Dataset entries
▬▬▬
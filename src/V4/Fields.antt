-- ===== src/V4/Fields.antt =====
-- What the two header bytes of v4.c keep, and what they lose.
use jklibs.Common.{
  ℕ, zero, suc, ◌<◌, ◌≡◌, ◌∙◌, refl, Bool, true, false, ◌&&◌, arith, ◌==◌, ==_iff, if◌then◌else◌,
}
use Prim.Native.Nat.{bit_or}
use jklibs.Common.Bits.{passes, passes-lt}
use jklibs.V4.{Header, first_byte, second_byte, read_header}

abbrev pub header : ℕ → ℕ → ℕ → ℕ → Header
header v c a n = record { version = v; crypt = c; ack = a; length = n }

abbrev crypt_read : ℕ → ℕ → ℕ
crypt_read c a = if a == 0 then c else bit_or c 1

-- Do version and crypt come back from the first byte, with no acknowledgement?
abbrev first_reads : Bool → ℕ → ℕ → ℕ → Bool
first_reads signed a v c =
    let h = read_header signed (first_byte (header v c a 0)) 0 in
    (h.version == v) && ((h.crypt == crypt_read c a) && (h.ack == 0))

first_table : (signed : Bool) → passes (λ v. passes (first_reads signed 0 v) 4) 16 ≡ true
unfolding passes read_header first_byte
first_table true = refl
first_table false = refl

first_table_ack : (signed : Bool) → passes (λ v. passes (first_reads signed 1 v) 4) 16 ≡ true
unfolding passes read_header first_byte
first_table_ack true = refl
first_table_ack false = refl

second_table :
    (signed : Bool) → passes (λ n. (read_header signed 0 (second_byte n)).length == n) 128 ≡ true
unfolding passes read_header second_byte
second_table true = refl
second_table false = refl

Header_ext :
    (g h : Header)
    → g.version ≡ h.version
    → g.crypt ≡ h.crypt
    → g.ack ≡ h.ack
    → g.length ≡ h.length
    → g ≡ h
Header_ext g h p q r s = λ i. record { version = p i; crypt = q i; ack = r i; length = s i }

-- The three parts of the check, at the first byte `b`.
first_parts :
    (signed : Bool) (a v c : ℕ)
    → first_reads signed a v c ≡ true
    → let h = read_header signed (first_byte (header v c a 0)) 0 in
      (h.version ≡ v) × (h.crypt ≡ crypt_read c a) × (h.ack ≡ 0)
first_parts signed a v c e = ground arith

length_part : (signed : Bool) (n : ℕ) → n < 128 → (read_header signed 0 (second_byte n)).length ≡ n
length_part signed n h = (==_iff _ n).0 (passes-lt _ 128 (second_table signed) h)

-- The first byte and the header read from it look at one byte each.
parts_meet :
    (signed : Bool) (b0 b1 : ℕ)
    → let h = read_header signed b0 b1 in
      let g = read_header signed b0 0 in
      (h.version ≡ g.version)
      × (h.crypt ≡ g.crypt)
      × (h.ack ≡ g.ack)
      × (h.length ≡ (read_header signed 0 b1).length)
unfolding read_header
parts_meet signed b0 b1 = (refl, refl, refl, refl)

read_clear :
    (signed : Bool) (v c n : ℕ)
    → v < 16
    → c < 4
    → n < 128
    → read_header signed (first_byte (header v c 0 0)) (second_byte n) ≡ header v c 0 n
read_clear signed v c n hv hc hn =
    let b0 = first_byte (header v c 0 0) in
    let m = parts_meet signed b0 (second_byte n) in
    let f = first_parts signed 0 v c (passes-lt _ 4 (passes-lt _ 16 (first_table signed) hv) hc) in
    Header_ext _ _ (m.0 ∙ f.0) (m.1 ∙ f.1) (m.2 ∙ f.2) (m.3 ∙ length_part signed n hn)

read_acked :
    (signed : Bool) (v c n : ℕ)
    → v < 16
    → c < 4
    → n < 128
    → read_header signed (first_byte (header v c 1 0)) (second_byte n) ≡ header v (bit_or c 1) 0 n
read_acked signed v c n hv hc hn =
    let b0 = first_byte (header v c 1 0) in
    let m = parts_meet signed b0 (second_byte n) in
    let f =
      first_parts signed 1 v c (passes-lt _ 4 (passes-lt _ 16 (first_table_ack signed) hv) hc) in
    Header_ext _ _ (m.0 ∙ f.0) (m.1 ∙ f.1) (m.2 ∙ f.2) (m.3 ∙ length_part signed n hn)

first_byte-ack : (v c a n : ℕ) → first_byte (header v c (suc a) n) ≡ first_byte (header v c 1 0)
unfolding first_byte
first_byte-ack v c a n = rw (ack_set a)
  where
    ack_set : (a : ℕ) → (suc a == 0) ≡ false
    ack_set a = ground arith

first_byte-no_ack : (v c n : ℕ) → first_byte (header v c 0 n) ≡ first_byte (header v c 0 0)
unfolding first_byte
first_byte-no_ack v c n = refl

-- Version, crypt and a length below 128 come back from the two bytes; the acknowledgement comes
-- back as 0 whatever was set, and if it was set the lowest bit of crypt comes back as 1.
pub read_header-bytes :
    (signed : Bool) (v c a n : ℕ)
    → v < 16
    → c < 4
    → n < 128
    → read_header signed (first_byte (header v c a n)) (second_byte n)
      ≡ header v (if a == 0 then c else bit_or c 1) 0 n
read_header-bytes signed v c zero n hv hc hn =
    rw (first_byte-no_ack v c n) (read_clear signed v c n hv hc hn)
read_header-bytes signed v c (suc a) n hv hc hn =
    rw (first_byte-ack v c a n) (ground (arith, read_acked signed v c n hv hc hn))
▬▬▬
**Directions for this task**
Where a line of the records includes "jklibs", copy it.

**Finished task**
use jklibs.Common.{
use jklibs.Common.Bits.{passes, passes-lt}
use jklibs.V4.{Header, first_byte, second_byte, read_header}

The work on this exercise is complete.